The benchmark Shanghai Composite Index fell 0.2 percent, while the Shenzhen index added 0.3 percent and Hong Kong advanced 0.2 percent by mid-morning Wednesday. Approximately 75 percent of Shenzhen companies are private/non-gov’t affiliated versus just 40 percent on the Shanghai.
Late on Tuesday Hong Kong and mainland China officials announced a fresh program to the connect Hong Kong’s internationally accessible stock market with the southern Shenzhen exchange. But authorities didn’t reveal more details.
Li said the new link would be launched by Christmas if not sooner, and the Hong Kong bourse expected Shenzhen trading to be subject to the same tax treatment in China as under the Shanghai connect scheme.
Even then, the approval of the trading link “ought to assuage investors that financial reforms are still very much on the agenda despite some recent tightening of the capital account”, said Sean Darby, chief global equity strategist at Jefferies in Hong Kong.
A similar measure linking Hong Kong with the mainland’s main exchange in Shanghai was launched in 2014. Now he hopes a stock market link between Hong Kong and Shenzhen will bring him rewards.
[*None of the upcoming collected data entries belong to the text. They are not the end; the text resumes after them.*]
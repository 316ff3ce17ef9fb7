-- ===== src/Rows.antt =====
-- frontend/public/components/factory/list.tsx: the filters of the rows of a list.
use web_ui.Base.{
  Bool, true, false, ◌&&◌, ◌||◌, not, Option, none, some, List, [], ◌∷◌, any, all, null, filter,
  if◌then◌else◌,
}
use web_ui.Base.Text.{Text, codes, same_text}
use web_ui.Lodash.{Lodash}
pub mod Laws
pub mod Boxes
mod Tests

-- What a row filter has selected, if anything is there, of all the values that it offers.
pub record Selection : Type 0 where
  pub selected : Option (List Text)
  pub offered : List Text

-- The selector of a field, with the values that pass.
pub record FieldSelector : Type 0 where
  pub field : Text
  pub values : Option (List Text)

-- The filters by their names, each with the value that it takes; `other_filter` is any other name. A
-- value that may be missing is an option.
pub data ListFilter : Type 0 where
  name_filter alert_rule_name role_binding role_binding_role_ref node_status service_class :
      Text → ListFilter
  alert_rule_state role_kind role_binding_kind : List Text → ListFilter
  selector : Option FieldSelector → ListFilter
  pod_status clusterserviceversion_resource_kind build_status build_strategy route_status
        catalog_status secret_type pvc_status :
      Option Selection → ListFilter
  other_filter : Text → ListFilter

-- What the filters read of an object, much of it computed by the parts that know the kind.
pub record Reads (O : Type 0) : Type 0 where
  pub name : O → Text
  pub alert_rule_name_of : O → Text
  pub alert_rule_state_of : O → Text
  pub role_type : O → Text
  pub binding_type : O → Text
  pub role_ref_name : O → Text
  pub subject_kind : O → Text
  pub subject_name : O → Text
  pub field_value : Text → O → Option Text
  pub pod_phase : O → Text
  pub is_node_ready : O → Bool
  pub kind : O → Text
  pub status_phase : O → Text
  pub strategy_type : O → Text
  pub route_status_of : O → Text
  pub service_catalog_status : O → Text
  pub secret_type_of : O → Text
  pub service_class_display_name : O → Text

abbrev pub has : List Text → Text → Bool
has values v = any (same_text v) values

-- A set that is missing or empty has no effect.
abbrev pub nothing_selected : Option (List Text) → Bool
nothing_selected none = true
nothing_selected (some values) = null values

abbrev pub or_nothing : Option (List Text) → List Text
or_nothing none = []
or_nothing (some values) = values

-- The filters by a status: one that is not offered cannot be deselected.
unfoldable pub by_status : Option Selection → Text → Bool
by_status none status = true
by_status (some s) status =
    if nothing_selected s.selected
    then true
    else has (or_nothing s.selected) status || not (has s.offered status)

unfoldable pub by_kind_only : Option Selection → Text → Bool
by_kind_only none kind = true
by_kind_only (some s) kind =
    if nothing_selected s.selected then true else has (or_nothing s.selected) kind

abbrev pub has_value : List Text → Option Text → Bool
has_value values none = false
has_value values (some v) = has values v

abbrev pub node_status_passes : Text → Bool → Bool
node_status_passes status is_ready =
    same_text status (codes "all")
    || (same_text status (codes "ready") && is_ready
        || same_text status (codes "notReady") && not is_ready)

abbrev pub is_filter : ListFilter → Bool
is_filter (other_filter name) = false
is_filter _ = true

-- `fuzzy` compares without regard to the case.
module _ {O : Type 0} (reads : Reads O) (fuzzy : Text → Text → Bool) where
  unfoldable pub by_selector : Option FieldSelector → O → Bool
  by_selector none o = true
  by_selector (some s) o =
      if nothing_selected s.values
      then true
      else has_value (or_nothing s.values) (reads.field_value s.field o)

  -- `listFilters[name](value, o)`; a name without a filter leaves every object.
  unfoldable pub passes : ListFilter → O → Bool
  unfolding by_status by_kind_only by_selector
  passes (name_filter text) o = fuzzy text (reads.name o)
  passes (alert_rule_name text) o = fuzzy text (reads.alert_rule_name_of o)
  passes (alert_rule_state selected) o = has selected (reads.alert_rule_state_of o)
  passes (role_kind selected) o = has selected (reads.role_type o)
  passes (role_binding_kind selected) o = has selected (reads.binding_type o)
  passes (role_binding text) o =
      any (fuzzy text)
        (reads.name o ∷ reads.role_ref_name o ∷ reads.subject_kind o ∷ reads.subject_name o ∷ [])
  passes (role_binding_role_ref ref) o = same_text (reads.role_ref_name o) ref
  passes (selector s) o = by_selector s o
  passes (pod_status s) o = by_status s (reads.pod_phase o)
  passes (node_status status) o = node_status_passes status (reads.is_node_ready o)
  passes (clusterserviceversion_resource_kind s) o = by_kind_only s (reads.kind o)
  passes (build_status s) o = by_status s (reads.status_phase o)
  passes (build_strategy s) o = by_status s (reads.strategy_type o)
  passes (route_status s) o = by_status s (reads.route_status_of o)
  passes (catalog_status s) o = by_status s (reads.service_catalog_status o)
  passes (secret_type s) o = by_status s (reads.secret_type_of o)
  passes (pvc_status s) o = by_status s (reads.status_phase o)
  passes (service_class text) o = fuzzy text (reads.service_class_display_name o)
  passes (other_filter name) o = true

  unfoldable pub filter_step : List O → ListFilter → List O
  filter_step objects f = if is_filter f then filter (passes f) objects else objects

  unfoldable pub get_filtered_rows : Lodash → List ListFilter → List O → List O
  get_filtered_rows lodash filters objects =
      if lodash.is_empty filters then objects else lodash.each filters filter_step objects
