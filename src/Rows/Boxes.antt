-- ===== src/Rows/Boxes.antt =====
-- frontend/public/components/row-filter.jsx: the boxes that select the values of a row filter.
use web_ui.Base.{
  ◌≡◌, refl, sym, ap, ◌∙◌, true, false, ◌&&◌, ◌||◌, not, Option, none, some, List, [], ◌∷◌, ◌++◌,
  null, filter, if◌then◌else◌, Bool-cases, inl, inr, arith, ◌⊎◌, subst,
}
use web_ui.Base.Text.{Text, same_text, same_text_iff, same_text_eq, split, join}
use web_ui.Rows.{has}
use mathlib.Core.Option.{some-injective, none-ne-some}

-- `_.difference(values, [v])`
abbrev pub unselect : Text → List Text → List Text
unselect v values = filter (λ w. not (same_text w v)) values

-- `_.uniq`, which keeps the first of equal values: those of the list that are not seen yet.
unfoldable pub unique_from : List Text → List Text → List Text
unique_from seen [] = []
unique_from seen (v ∷ vs) =
    let fresh = v ∷ unique_from (v ∷ seen) vs in
    let rest = unique_from seen vs in if has seen v then rest else fresh

-- `_.xor(selected, [item])`
unfoldable pub xor_item : List Text → Text → List Text
unfolding unique_from
xor_item selected item =
    unique_from [] (if has selected item then unselect item selected else selected ++ item ∷ [])

-- The boxes: what is selected, and the argument of the address, if it was set.
pub record CheckBoxes : Type 0 where
  pub selected : List Text
  pub query : Option Text

-- `componentDidMount`: from the argument of the address, or else from the properties.
unfoldable pub mount_boxes : Option Text → List Text → CheckBoxes
mount_boxes none given = record { selected = given; query = none }
mount_boxes (some argument) given = record { selected = split b',' argument; query = some argument }

module _ (items : List Text) where
  -- The values that a filter gets: those that are selected and offered, unless there are none.
  unfoldable pub apply_filter : CheckBoxes → Option (List Text)
  unfolding unique_from
  apply_filter s =
      let recognized = unique_from [] (filter (has items) s.selected) in
      if null recognized then none else some recognized

  -- The selection stays where the last box would be left.
  unfoldable pub toggle_box : Text → CheckBoxes → CheckBoxes
  unfolding xor_item
  toggle_box item s =
      let selected = xor_item s.selected item in
      if null selected then s else record {
        selected = selected;
        query = some (join (b',' ∷ []) (filter (has items) selected));
      }

has-unselect :
    (v w : Text) (vs : List Text) → has (unselect v vs) w ≡ (has vs w && not (same_text w v))
has-unselect v w [] = refl
has-unselect v w (x ∷ vs) =
    ground (arith, has-unselect v w vs, same_text_iff w v, same_text_iff x v, same_text_iff w x)

has-append : (vs : List Text) (v w : Text) → has (vs ++ v ∷ []) w ≡ (has vs w || same_text w v)
has-append [] v w = ground arith
has-append (x ∷ vs) v w = ground (arith, has-append vs v w)

has-unique_from :
    (seen vs : List Text) (w : Text) → has (unique_from seen vs) w ≡ (has vs w && not (has seen w))
unfolding unique_from
has-unique_from seen [] w = refl
has-unique_from seen (v ∷ vs) w = elim (Bool-cases (has seen v)) [
  | inl old ↦ rw old (elim (Bool-cases (same_text w v)) [
    | inl same ↦
        rw (has-unique_from seen vs w) rw (ap (has seen) (same_text_eq w v same) ∙ old) rw same
          ground arith
    | inr other ↦ rw other (has-unique_from seen vs w)
  ])
  | inr fresh ↦ rw fresh (elim (Bool-cases (same_text w v)) [
    | inl same ↦ rw same rw (ap (has seen) (same_text_eq w v same) ∙ fresh) refl
    | inr other ↦
        rw other
          (has-unique_from (v ∷ seen) vs w ∙ ap (λ b. has vs w && not (b || has seen w)) other)
  ])
]

has-filter :
    (items : List Text) (vs : List Text) (w : Text)
    → has (filter (has items) vs) w ≡ (has vs w && has items w)
has-filter items [] w = refl
has-filter items (v ∷ vs) w = elim (Bool-cases (same_text w v)) [
  | inl same ↦ elim (Bool-cases (has items v)) [
    | inl kept ↦ rw kept rw same rw (ap (has items) (same_text_eq w v same) ∙ kept) refl
    | inr dropped ↦
        rw dropped rw same rw (has-filter items vs w) rw
          (ap (has items) (same_text_eq w v same) ∙ dropped) ground arith
  ]
  | inr other ↦ elim (Bool-cases (has items v)) [
    | inl kept ↦ rw kept rw other (has-filter items vs w)
    | inr dropped ↦ rw dropped rw other (has-filter items vs w)
  ]
]

has-xor_item :
    (selected : List Text) (item w : Text)
    → has (xor_item selected item) w
      ≡ (if same_text w item then not (has selected item) else has selected w)
unfolding xor_item
has-xor_item selected item w = has-unique_from [] _ w ∙ elim (Bool-cases (has selected item)) [
  | inl old ↦ rw old rw (has-unselect item w selected) ground arith
  | inr fresh ↦ rw fresh rw (has-append selected item w) ground arith
]

null-xor_item :
    (selected : List Text) (item : Text)
    → null (xor_item selected item) ≡ true
    → null selected ≡ false
unfolding xor_item
null-xor_item [] item e = sym e
null-xor_item (v ∷ vs) item e = refl

null-toggle_box :
    (items : List Text) (item : Text) (s : CheckBoxes)
    → null ((toggle_box items item s).selected) ≡ false
unfolding toggle_box
null-toggle_box items item s = elim (Bool-cases (null (xor_item s.selected item))) [
  | inl e ↦ rw e (null-xor_item s.selected item e)
  | inr e ↦ rw e e
]

has-nothing : (vs : List Text) (w : Text) → null vs ≡ true → has vs w ≡ false
has-nothing [] w e = refl
has-nothing (v ∷ vs) w e = cc

-- Toggling a box changes whether exactly its item is selected and leaves every other item as it is,
-- unless that would leave no item selected: then the boxes stay as they are, with the argument of the
-- address. An item is always selected afterwards.
pub has-toggle_box :
    (items : List Text) (item : Text) (s : CheckBoxes)
    → ((((w : Text)
            → (if same_text w item then not (has s.selected item) else has s.selected w) ≡ false)
          × toggle_box items item s ≡ s)
        ⊎ ((w : Text)
            → has ((toggle_box items item s).selected) w
              ≡ (if same_text w item then not (has s.selected item) else has s.selected w)))
      × null ((toggle_box items item s).selected) ≡ false
unfolding toggle_box
has-toggle_box items item s = (
  elim (Bool-cases (null (xor_item s.selected item))) [
    | inl e ↦ inl (
      (λ w. sym (has-xor_item s.selected item w) ∙ has-nothing (xor_item s.selected item) w e),
      rw e refl,
    )
    | inr e ↦ inr (λ w. rw e (has-xor_item s.selected item w))
  ],
  null-toggle_box items item s,
)

-- What a filter gets of the boxes is never empty, and it is what is both selected and offered.
apply_filter_sound :
    (items : List Text) (s : CheckBoxes) (found : List Text)
    → apply_filter items s ≡ some found
    → null found ≡ false × ((w : Text) → has found w ≡ (has s.selected w && has items w))
unfolding apply_filter
apply_filter_sound items s found h = elim (Bool-cases (null recognized)) [
  | inl e ↦ absurd (none-ne-some found (sym (ap (λ b. if b then none else some recognized) e) ∙ h))
  | inr e ↦
      subst (λ vs. null vs ≡ false × ((w : Text) → has vs w ≡ (has s.selected w && has items w)))
        (some-injective recognized found
          (sym (ap (λ b. if b then none else some recognized) e) ∙ h))
        (
          e,
          λ w.
              has-unique_from [] (filter (has items) s.selected) w
              ∙ rw (has-filter items s.selected w) ground arith,
        )
]
  where
    recognized : List Text
    recognized = unique_from [] (filter (has items) s.selected)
But the $3.2 trillion Shenzhen market, already the worlds seventh largest, could prove attractive to foreign investors because it is where fast-growing Chinese companies that operate in sectors such as technology, pharmaceuticals and clean energy often list, according to the Wall Street Journal.
China A-shares or mainland, renminbi-denominated stocks were previously restricted to domestic investors.
Though the actual launch is unlikely to trigger an avalanche of funds into China’s stock markets – given relatively expensive valuations and a slowing economy – mainland Chinese investors will likely cheer another option to diversify away from weak onshore stock markets. Almost 50 stocks surged by the daily trading limit of 10 percent.
In denying China’s inclusion in June, MSCI – whose emerging-market index is tracked by investors with about US$1.5 trillion in assets – cited a need for improvements in market access.
Hong Kong serves as an worldwide financial center and major offshore yuan hub, and the internationalization of the yuan as a global investment currency will reinforce the position.
“In terms of my portfolio, I haven’t done anything around Connect yet as A-shares are underperforming and we also have a view that the Chinese currency may depreciate”, said Arthur Kwong, head of Asia-Pacific equities at BNP Paribas Investment Partners. It was in fifth place among all currencies for use in worldwide payments and foreign exchange trading.
With subscribers to more lucrative, data-heavy 4G service accounting for less than a third of China Unicom’s customer base, analysts expect both revenue and costs to grow next year as it seeks to catch up with bigger rival China Mobile Ltd and smaller China Telecom Corp Ltd in building its 4G network.